- Genre: Fantasy Arts documentary
- Directed by: Kevin Davies
- Starring: Jon Pertwee Colin Baker Sylvester McCoy
- Narrated by: Nicholas Courtney
- Country of origin: United Kingdom
- Original language: English

Production
- Executive producer: Sue Kerr
- Producer: Kevin Davies
- Cinematography: John Adderley FRGS
- Editor: Paul Ratcliffe
- Running time: 50 minutes

Original release
- Network: BBC1 (BBC2 in Scotland)
- Release: 29 November 1993

Related
- Doctor Who

= Doctor Who: Thirty Years in the TARDIS =

1993 BBC television documentary

Doctor Who: Thirty Years in the TARDIS is a special 50-minute television documentary celebrating the 30th anniversary of the science-fiction series Doctor Who. It was originally broadcast on Monday, 29 November 1993, on BBC1 (BBC2 in Scotland). The programme was the first BBC-produced, in-depth documentary chronicling Doctor Who since Whose Doctor Who was broadcast in April 1977, and it followed a 30-minute, categorized compilation of archive clips broadcast in 1992 on BBC2 entitled Resistance is Useless. The show featured many clips from the show's episodes, and interviews with the cast and crew. Several iconic scenes from the show were recreated, with young actor Josh Maguire playing the part of a child imagining himself involved in the settings.

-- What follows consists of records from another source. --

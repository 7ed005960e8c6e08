-- ===== src/Worker.antt =====
-- src/worker.rs, `Worker`: the handle that the manager keeps of a worker thread. Its operations
-- return what they ask of the thread and of the hooks, as events in order.
pub mod Fetch
pub mod Queues
pub mod Loop
pub mod Serving
pub mod Fairness
pub mod Rounds
pub mod Exit
use thread_pool.Prelude.{
  ℕ, Bool, true, false, List, [], ◌∷◌, ◌++◌, Option, none, some, String, ◌==◌,
}
use thread_pool.Model.{WorkerUpdate, Event, spawned, told_to_stop, unparked, joined}
use thread_pool.Behaviors.{StatusBehaviors, call_hook}

-- Which of the pool's two channels a receiver reads.
pub data Queue : Type 0 where
  pri norm : Queue

-- "{base}-{number}"
pub record ThreadName : Type 0 where
  pub base : String
  pub number : ℕ

-- What `spawn_worker` gives the thread that it starts; the status byte and the idle thresholds
-- are shared with the pool.
pub record Thread : Type 0 where
  pub name : Option ThreadName
  pub my_id : ℕ
  pub stack_size : ℕ
  pub privileged : Bool
  pub rx_pair : Queue × Queue

-- `stat` is what `upgrade` and `load` give: nothing, once the thread has returned and dropped
-- the counter that it owns.
pub record Worker : Type 0 where
  pub id : ℕ
  pub thread : Option Thread
  pub stat : Option ℕ
  pub before_drop : Option WorkerUpdate
  pub after_drop : Option WorkerUpdate

-- `new`, with the `worker_stat` of `spawn_worker`.
unfoldable pub new :
    Option ThreadName → ℕ → ℕ → Bool → Queue × Queue → StatusBehaviors → Worker × List Event
unfolding call_hook
new name my_id stack_size privileged rx_pair behaviors = (
  record {
    id = my_id;
    thread = some (record {
      name = name;
      my_id = my_id;
      stack_size = stack_size;
      privileged = privileged;
      rx_pair = rx_pair;
    });
    stat = some 0;
    before_drop = behaviors.before_drop;
    after_drop = behaviors.after_drop;
  },
  call_hook behaviors.before_start my_id ++ spawned my_id ∷ call_hook behaviors.after_start my_id,
)

abbrev tell_to_stop : Option ℕ → ℕ → List Event
tell_to_stop none id = []
tell_to_stop (some stat) id = told_to_stop id ∷ []

-- The thread is joined, so its counter is gone afterwards.
unfoldable pub retire : Worker → Worker × List Event
retire w = elim w.thread [
  | none ↦ (w, [])
  | some handle ↦ (
    record w { thread = none; stat = none },
    tell_to_stop w.stat w.id ++ unparked w.id ∷ joined w.id ∷ [],
  )
]

unfoldable pub wake_up : Worker → List Event
wake_up w = elim w.thread [ none ↦ [] | some handle ↦ unparked w.id ∷ [] ]

unfoldable pub is_terminated : Worker → Bool
is_terminated w = elim w.stat [ none ↦ false | some stat ↦ stat == 2 ]

-- `Drop for Worker`.
unfoldable pub drop : Worker → List Event
unfolding call_hook retire
drop w = call_hook w.before_drop w.id ++ (retire w).1 ++ call_hook w.after_drop w.id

The documentary was produced and directed by Kevin Davies, with Sue Kerr as executive producer. Davies' initial idea for the programme was a part-documentary, part-drama called The Legend Begins, combining interviews with Doctor Who's creators with dramatised sequences showing how the events took place. It evolved into a proposal called Eulogy for the Doctor, featuring several actors who had appeared as the Doctor's companions, returning to their roles for a drama linking archive clips from the series. Eventually, all of these ideas were scaled down or abandoned in favour of a straightforward documentary format. In 2013, the idea of a drama depicting the origins of Doctor Who was used for An Adventure in Space and Time, broadcast on the BBC, commemorating the series' 50th anniversary.

The documentary was never repeated on the BBC, but an expanded version premiered at BAFTA on 5 November 1994 titled Even More Than Thirty Years in the TARDIS. It was followed by a 90-minute release on VHS titled More Than... Thirty Years in the TARDIS, which included many interviews and clips not in the broadcast version. In 2013, More Than... Thirty Years in the TARDIS was released on DVD as part of The Legacy Collection box set, alongside the uncompleted 1979 Doctor Who serial Shada.

The interviewees included actors Jon Pertwee, Colin Baker, Sylvester McCoy, Carole Ann Ford, Roberta Tovey, Jennie Linden, Deborah Watling, Frazer Hines, Nicholas Courtney, Elisabeth Sladen, Nicola Bryant and Sophie Aldred. William Hartnell's granddaughter, Jessica Carney, was also interviewed, as well as producers Verity Lambert, Barry Letts, Philip Hinchcliffe and John Nathan-Turner, writers Terry Nation, Terrance Dicks, Douglas Adams, Eric Saward and Ben Aaronovitch, and BBC1 controller Alan Yentob. The documentary also features the thoughts of longtime critic of the series Mary Whitehouse.